• What the exercise asks
Give back all the records below, unaltered.

• Data shown
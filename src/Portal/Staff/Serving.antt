-- ===== src/Portal/Staff/Serving.antt =====
-- portal_staff_sync.py: the ways to serve one target branch, and what a later state of a row keeps.
use yclients_project.Prelude.{
  ℕ, ◌≡◌, refl, sym, subst, ◌∙◌, Bool, true, false, none, some, List, [], ◌∷◌, arith, inl, inr,
  IsIn, Bool-cases, Option-cases, any,
}
use yclients_project.Prelude.Rows.{select, IsIn-select, order_by, IsIn-order_by}
use yclients_project.Auth.Sessions.{User}
use yclients_project.Portal.Ownership.{holds}
use yclients_project.Portal.Staff.{
  Staff, is_mirror_row, is_crm_row, is_own_mirror, add_portal_staff, sorts_before, last, by_company,
  write_staff, as_bookable, as_mirror, serve_company, staff_display_name,
}
use yclients_project.Auth.Tenancy.{role_text}

-- The same row but for `bookable`.
pub record SameStaff (a b : Staff) : Type 0 where
  pub id : a.id ≡ b.id
  pub external_id : a.external_id ≡ b.external_id
  pub source_type : a.source_type ≡ b.source_type
  pub name : a.name ≡ b.name
  pub position : a.position ≡ b.position
  pub company_id : a.company_id ≡ b.company_id
  pub portal_user_id : a.portal_user_id ≡ b.portal_user_id
  pub fired : a.fired ≡ b.fired

pub self-SameStaff : (a : Staff) → SameStaff a a
self-SameStaff a = record {
  id = refl;
  external_id = refl;
  source_type = refl;
  name = refl;
  position = refl;
  company_id = refl;
  portal_user_id = refl;
  fired = refl;
}

pub bookable-SameStaff : (a b : Staff) → SameStaff a b → SameStaff (as_bookable a) b
bookable-SameStaff a b s = record {
  id = s.id;
  external_id = s.external_id;
  source_type = s.source_type;
  name = s.name;
  position = s.position;
  company_id = s.company_id;
  portal_user_id = s.portal_user_id;
  fired = s.fired;
}

last-IsIn : (row : Staff) (rows : List Staff) → last rows ≡ some row → IsIn row rows
last-IsIn row [] h = cc
last-IsIn row (r ∷ rows) h = elim (Option-cases (last rows)) [
  | inl e ↦ inl (cc (rw e at h))
  | inr (other, e) ↦ inr (last-IsIn row rows (e ∙ rw e at h))
]

-- The row that stands for a branch is a row of the branch.
pub by_company-IsIn :
    (user_id company : ℕ) (linked : List Staff) (row : Staff)
    → by_company user_id linked company ≡ some row
    → IsIn row linked × (holds row.company_id company ≡ true)
unfolding by_company
by_company-IsIn user_id company linked row h =
    let of_company : Staff → Bool = λ (r : Staff). holds r.company_id company in
    let (i, e) =
      IsIn-select of_company row (order_by (sorts_before user_id) linked)
        (last-IsIn row (select of_company (order_by (sorts_before user_id) linked)) h) in
    (IsIn-order_by (sorts_before user_id) row linked i, e)

pub own_mirror_lem :
    (user_id : ℕ) (row : Staff)
    → holds row.portal_user_id user_id ≡ true
    → is_crm_row user_id row ≡ false
    → is_own_mirror user_id row ≡ true
own_mirror_lem user_id row h e = ground arith

pub mirror_same : (a b : Staff) → SameStaff a b → is_mirror_row a ≡ is_mirror_row b
unfolding is_mirror_row
mirror_same a b s = rw (s.source_type, s.portal_user_id, s.external_id) refl

pub crm_same :
    (user_id : ℕ) (a b : Staff) → SameStaff a b → is_crm_row user_id a ≡ is_crm_row user_id b
crm_same user_id a b s = rw (mirror_same a b s, s.portal_user_id) refl

pub any_some :
    (p : Staff → Bool) (rows : List Staff)
    → any p rows ≡ true
    → (r : Staff) × IsIn r rows × (p r ≡ true)
any_some p [] h = cc
any_some p (r ∷ rows) h = elim (Bool-cases (p r)) [
  | inl e ↦ (r, inl refl, e)
  | inr e ↦ let (x, i, f) = any_some p rows (rw e at h) in (x, inr i, f)
]

-- What one branch does.
module _ (user : User) (linked : List Staff) (company : ℕ) (rows : List Staff) where
  pub serve_none :
      by_company user.id linked company ≡ none
      → serve_company user linked company rows
        ≡ add_portal_staff (staff_display_name user) (role_text user.role) company user.id rows
  unfolding serve_company
  serve_none e = ground arith

  pub serve_crm :
      (chosen : Staff)
      → by_company user.id linked company ≡ some chosen
      → is_crm_row user.id chosen ≡ true
      → serve_company user linked company rows ≡ write_staff chosen.id as_bookable rows
  unfolding serve_company
  serve_crm chosen e h = ground arith

  pub serve_mirror :
      (chosen : Staff)
      → by_company user.id linked company ≡ some chosen
      → is_crm_row user.id chosen ≡ false
      → serve_company user linked company rows
        ≡ write_staff chosen.id (as_mirror (staff_display_name user) (role_text user.role)) rows
  unfolding serve_company
  serve_mirror chosen e h = ground arith

  pub data Served : List Staff → Type 0 where
    added :
        by_company user.id linked company ≡ none
        → Served
            (add_portal_staff (staff_display_name user) (role_text user.role) company user.id rows)
    of_crm :
        (chosen : Staff)
        → by_company user.id linked company ≡ some chosen
        → is_crm_row user.id chosen ≡ true
        → Served (write_staff chosen.id as_bookable rows)
    of_mirror :
        (chosen : Staff)
        → by_company user.id linked company ≡ some chosen
        → is_crm_row user.id chosen ≡ false
        → Served
            (write_staff chosen.id (as_mirror (staff_display_name user) (role_text user.role)) rows)

  -- The three ways to serve a branch.
  pub served : Served (serve_company user linked company rows)
  served = elim (Option-cases (by_company user.id linked company)) [
    | inl e ↦ subst Served (sym (serve_none e)) (added e)
    | inr (chosen, e) ↦ elim (Bool-cases (is_crm_row user.id chosen)) [
      | inl h ↦ subst Served (sym (serve_crm chosen e h)) (of_crm chosen e h)
      | inr h ↦ subst Served (sym (serve_mirror chosen e h)) (of_mirror chosen e h)
    ]
  ]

• Task answer
filename src/Portal/Staff/Serving.antt
-- ===== src/Portal/Staff/Serving.antt =====
-- portal_staff_sync.py: the ways to serve one target branch, and what a later state of a row keeps.
use yclients_project.Prelude.{
  ℕ, ◌≡◌, refl, sym, subst, ◌∙◌, Bool, true, false, none, some, List, [], ◌∷◌, arith, inl, inr,
  IsIn, Bool-cases, Option-cases, any,
}
use yclients_project.Prelude.Rows.{select, IsIn-select, order_by, IsIn-order_by}
use yclients_project.Auth.Sessions.{User}
use yclients_project.Portal.Ownership.{holds}
use yclients_project.Portal.Staff.{
  Staff, is_mirror_row, is_crm_row, is_own_mirror, add_portal_staff, sorts_before, last, by_company,
  write_staff, as_bookable, as_mirror, serve_company, staff_display_name,
}
use yclients_project.Auth.Tenancy.{role_text}

-- The same row but for `bookable`.
pub record SameStaff (a b : Staff) : Type 0 where
  pub id : a.id ≡ b.id
  pub external_id : a.external_id ≡ b.external_id
  pub source_type : a.source_type ≡ b.source_type
  pub name : a.name ≡ b.name
  pub position : a.position ≡ b.position
  pub company_id : a.company_id ≡ b.company_id
  pub portal_user_id : a.portal_user_id ≡ b.portal_user_id
  pub fired : a.fired ≡ b.fired

pub self-SameStaff : (a : Staff) → SameStaff a a
self-SameStaff a = record {
  id = refl;
  external_id = refl;
  source_type = refl;
  name = refl;
  position = refl;
  company_id = refl;
  portal_user_id = refl;
  fired = refl;
}

pub bookable-SameStaff : (a b : Staff) → SameStaff a b → SameStaff (as_bookable a) b
bookable-SameStaff a b s = record {
  id = s.id;
  external_id = s.external_id;
  source_type = s.source_type;
  name = s.name;
  position = s.position;
  company_id = s.company_id;
  portal_user_id = s.portal_user_id;
  fired = s.fired;
}

last-IsIn : (row : Staff) (rows : List Staff) → last rows ≡ some row → IsIn row rows
last-IsIn row [] h = cc
last-IsIn row (r ∷ rows) h = elim (Option-cases (last rows)) [
  | inl e ↦ inl (cc (rw e at h))
  | inr (other, e) ↦ inr (last-IsIn row rows (e ∙ rw e at h))
]

-- The row that stands for a branch is a row of the branch.
pub by_company-IsIn :
    (user_id company : ℕ) (linked : List Staff) (row : Staff)
    → by_company user_id linked company ≡ some row
    → IsIn row linked × (holds row.company_id company ≡ true)
unfolding by_company
by_company-IsIn user_id company linked row h =
    let of_company : Staff → Bool = λ (r : Staff). holds r.company_id company in
    let (i, e) =
      IsIn-select of_company row (order_by (sorts_before user_id) linked)
        (last-IsIn row (select of_company (order_by (sorts_before user_id) linked)) h) in
    (IsIn-order_by (sorts_before user_id) row linked i, e)

pub own_mirror_lem :
    (user_id : ℕ) (row : Staff)
    → holds row.portal_user_id user_id ≡ true
    → is_crm_row user_id row ≡ false
    → is_own_mirror user_id row ≡ true
own_mirror_lem user_id row h e = ground arith

pub mirror_same : (a b : Staff) → SameStaff a b → is_mirror_row a ≡ is_mirror_row b
unfolding is_mirror_row
mirror_same a b s = rw (s.source_type, s.portal_user_id, s.external_id) refl

pub crm_same :
    (user_id : ℕ) (a b : Staff) → SameStaff a b → is_crm_row user_id a ≡ is_crm_row user_id b
crm_same user_id a b s = rw (mirror_same a b s, s.portal_user_id) refl

pub any_some :
    (p : Staff → Bool) (rows : List Staff)
    → any p rows ≡ true
    → (r : Staff) × IsIn r rows × (p r ≡ true)
any_some p [] h = cc
any_some p (r ∷ rows) h = elim (Bool-cases (p r)) [
  | inl e ↦ (r, inl refl, e)
  | inr e ↦ let (x, i, f) = any_some p rows (rw e at h) in (x, inr i, f)
]

-- What one branch does.
module _ (user : User) (linked : List Staff) (company : ℕ) (rows : List Staff) where
  pub serve_none :
      by_company user.id linked company ≡ none
      → serve_company user linked company rows
        ≡ add_portal_staff (staff_display_name user) (role_text user.role) company user.id rows
  unfolding serve_company
  serve_none e = ground arith

  pub serve_crm :
      (chosen : Staff)
      → by_company user.id linked company ≡ some chosen
      → is_crm_row user.id chosen ≡ true
      → serve_company user linked company rows ≡ write_staff chosen.id as_bookable rows
  unfolding serve_company
  serve_crm chosen e h = ground arith

  pub serve_mirror :
      (chosen : Staff)
      → by_company user.id linked company ≡ some chosen
      → is_crm_row user.id chosen ≡ false
      → serve_company user linked company rows
        ≡ write_staff chosen.id (as_mirror (staff_display_name user) (role_text user.role)) rows
  unfolding serve_company
  serve_mirror chosen e h = ground arith

  pub data Served : List Staff → Type 0 where
    added :
        by_company user.id linked company ≡ none
        → Served
            (add_portal_staff (staff_display_name user) (role_text user.role) company user.id rows)
    of_crm :
        (chosen : Staff)
        → by_company user.id linked company ≡ some chosen
        → is_crm_row user.id chosen ≡ true
        → Served (write_staff chosen.id as_bookable rows)
    of_mirror :
        (chosen : Staff)
        → by_company user.id linked company ≡ some chosen
        → is_crm_row user.id chosen ≡ false
        → Served
            (write_staff chosen.id (as_mirror (staff_display_name user) (role_text user.role)) rows)

  -- The three ways to serve a branch.
  pub served : Served (serve_company user linked company rows)
  served = elim (Option-cases (by_company user.id linked company)) [
    | inl e ↦ subst Served (sym (serve_none e)) (added e)
    | inr (chosen, e) ↦ elim (Bool-cases (is_crm_row user.id chosen)) [
      | inl h ↦ subst Served (sym (serve_crm chosen e h)) (of_crm chosen e h)
      | inr h ↦ subst Served (sym (serve_mirror chosen e h)) (of_mirror chosen e h)
    ]
  ]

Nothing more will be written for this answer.